:: ASSIGNMENT ::
Copy out all lines of the material below in which "other" occurs.

:: RECORDS TO PROCESS ::

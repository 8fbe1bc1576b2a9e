-- ===== src/Config.antt =====
-- crates/tsk-core/src/config.rs: the settings that the service reads. Reading the settings file and
-- its other fields are not modelled.
use hypr_taskspace.Prelude.{ℕ, Bool, List}
use hypr_taskspace.Prelude.Text.{Text}

pub record TskConfig : Type 0 where
  pub hyprland_enabled : Bool
  pub default_workspace_count : ℕ
  pub global_workspace_slots : List ℕ
  pub tasks_base_dir : Text
  pub max_tasks : ℕ
  pub container_prefix : Text
  -- without the blanks around it
  pub distrobox_image : Text
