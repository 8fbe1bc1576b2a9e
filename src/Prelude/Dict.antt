-- ===== src/Prelude/Dict.antt =====
-- Rust's `HashMap<String, V>` as a list of entries. The order of iteration, which Rust leaves open,
-- is the order of the list: what is proved holds for every order.
use mathlib.Core.Path.{◌≡◌, refl}
use mathlib.Core.Logic.{◌≢◌, inl, inr}
use mathlib.Core.Bool.{Bool, true, false}
use mathlib.Core.List.{List, [], ◌∷◌}
use mathlib.Core.Option.{Option, none, some}
use native.Mathlib.Omega.{arith}
use hypr_taskspace.Prelude.Tests.{if◌then◌else◌, Bool-cases}
use hypr_taskspace.Prelude.Text.{Text, text_eq, text_eq_iff}

module _ {ℓ} where
  abbrev pub Dict : Type ℓ → Type ℓ
  Dict V = List (Text × V)

module _ {ℓ} {V : Type ℓ} where
  -- `get(key)`
  unfoldable pub get : Dict V → Text → Option V
  get [] k = none
  get ((j, v) ∷ m) k = if text_eq j k then some v else get m k

  -- `insert(key, value)`
  unfoldable pub insert : Dict V → Text → V → Dict V
  insert [] k v = (k, v) ∷ []
  insert ((j, w) ∷ m) k v = if text_eq j k then (j, v) ∷ m else (j, w) ∷ insert m k v

  -- `retain(|key, value| keep)`
  unfoldable pub retain : (Text → V → Bool) → Dict V → Dict V
  retain keep [] = []
  retain keep ((j, v) ∷ m) = if keep j v then (j, v) ∷ retain keep m else retain keep m

  -- `remove(key)`
  unfoldable pub remove : Dict V → Text → Dict V
  remove [] k = []
  remove ((j, v) ∷ m) k = if text_eq j k then remove m k else (j, v) ∷ remove m k

  -- `collect()` from pairs, where a later entry replaces an earlier one
  abbrev pub collect_into : Dict V → List (Text × V) → Dict V
  collect_into m [] = m
  collect_into m ((k, v) ∷ more) = collect_into (insert m k v) more

  abbrev pub keys : Dict V → List Text
  keys [] = []
  keys ((j, v) ∷ m) = j ∷ keys m

  abbrev pub values : Dict V → List V
  values [] = []
  values ((j, v) ∷ m) = v ∷ values m

  -- `contains_key(key)`
  unfoldable pub contains_key : Dict V → Text → Bool
  unfolding get
  contains_key m k = elim (get m k) [ none ↦ false | some v ↦ true ]

  -- `get(key).cloned().unwrap_or(default)`
  abbrev pub get_or : Dict V → Text → V → V
  get_or m k d = elim (get m k) [ none ↦ d | some v ↦ v ]

  pub get-insert :
      (m : Dict V) (k : Text) (v : V) (j : Text)
      → get (insert m k v) j ≡ (if text_eq k j then some v else get m j)
  unfolding get insert
  get-insert [] k v j = refl
  get-insert ((i, w) ∷ m) k v j =
      ground (arith, text_eq_iff k j, text_eq_iff i k, text_eq_iff i j, get-insert m k v j)

  pub get-insert_self : (m : Dict V) (k : Text) (v : V) → get (insert m k v) k ≡ some v
  get-insert_self m k v = rw get-insert (rw ((text_eq_iff k k).1 refl))

  pub get-insert_ne : (m : Dict V) (k j : Text) (v : V) → k ≢ j → get (insert m k v) j ≡ get m j
  get-insert_ne m k j v h = ground (arith, get-insert m k v j, text_eq_iff k j)

  -- A filter on the key alone.
  pub get-retain_key :
      (keep : Text → Bool) (m : Dict V) (k : Text)
      → get (retain (λ j _. keep j) m) k ≡ (if keep k then get m k else none)
  unfolding get retain
  get-retain_key keep [] k = ground arith
  get-retain_key keep ((j, v) ∷ m) k = elim (Bool-cases (text_eq j k)) [
    | inl same ↦
        let e : j ≡ k = (text_eq_iff j k).0 same in
        rw e (ground (arith, text_eq_iff k k, get-retain_key keep m k))
    | inr other ↦ ground (arith, get-retain_key keep m k)
  ]

  pub get-remove :
      (m : Dict V) (k j : Text) → get (remove m k) j ≡ (if text_eq k j then none else get m j)
  unfolding get remove
  get-remove [] k j = ground arith
  get-remove ((i, v) ∷ m) k j =
      ground (arith, text_eq_iff k j, text_eq_iff i k, text_eq_iff i j, get-remove m k j)
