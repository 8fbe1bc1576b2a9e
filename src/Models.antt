-- ===== src/Models.antt =====
-- crates/tsk-core/src/models.rs: the session state, its tasks and windows.
-- Instants (`DateTime<Utc>`) are numbers on one time line; paths are texts.
pub mod Order
pub mod Slug
use hypr_taskspace.Prelude.{
  ℕ, ◌≡◌, refl, ◌++◌, Bool, true, false, Option, none, some, List, if◌then◌else◌,
}
use hypr_taskspace.Prelude.Int.{ℤ}
use hypr_taskspace.Prelude.Text.{Text, codes}
use hypr_taskspace.Prelude.Dict.{Dict}

pub data ContextMode : Type 0 where
  default task : ContextMode

pub data TaskStatus : Type 0 where
  active idle archived : TaskStatus

-- `mode == other`
abbrev pub mode_eq : ContextMode → ContextMode → Bool
mode_eq default default = true
mode_eq default task = false
mode_eq task default = false
mode_eq task task = true

abbrev pub is_archived : TaskStatus → Bool
is_archived active = false
is_archived idle = false
is_archived archived = true

-- `ContextMode::as_str`
unfoldable pub mode_str : ContextMode → Text
mode_str default = codes "default"
mode_str task = codes "task"

-- `TaskStatus::as_str`
unfoldable pub status_str : TaskStatus → Text
status_str active = codes "active"
status_str idle = codes "idle"
status_str archived = codes "archived"

pub record Task : Type 0 where
  pub id : Text
  pub name : Text
  pub status : TaskStatus
  pub repo_url : Option Text
  pub repo_path : Text
  pub source_repo_path : Option Text
  pub branch : Option Text
  pub container_name : Text
  pub container_isolation : Bool
  pub workspace_count : ℕ
  pub browser_profile : Option Text
  pub created_at : ℕ
  pub last_active_at : ℕ
  pub listed_at : ℕ
  pub agent_notes_path : Option Text
  pub ports : List ℕ

pub record WindowRecord : Type 0 where
  pub hypr_address : Text
  pub task_id : Option Text
  pub title : Text
  pub class_name : Text
  pub workspace : ℤ
  pub workspace_name : Text
  pub home_workspace_name : Text
  pub pid : Option ℤ

pub record SessionState : Type 0 where
  pub context_mode : ContextMode
  pub current_task_id : Option Text
  pub last_workspace : Dict ℤ
  pub last_monitor_workspace : Dict (Dict ℤ)
  pub default_workspace_count : ℕ
  pub global_workspace_slots : List ℕ
  pub tasks : Dict Task
  pub windows : Dict WindowRecord

-- The key of a context, from its mode and task.
context_key : ContextMode → Option Text → Text
unfolding mode_str
context_key default id = mode_str default
context_key task none = mode_str task
context_key task (some id) = codes "task:" ++ id

-- `SessionState::taskspace_key`
unfoldable pub taskspace_key : SessionState → Text
unfolding context_key
taskspace_key state = context_key state.context_mode state.current_task_id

:: WORKED SOLUTION ::
-- its other fields are not modelled.
    | inr other ↦ ground (arith, get-retain_key keep m k)
-- `mode == other`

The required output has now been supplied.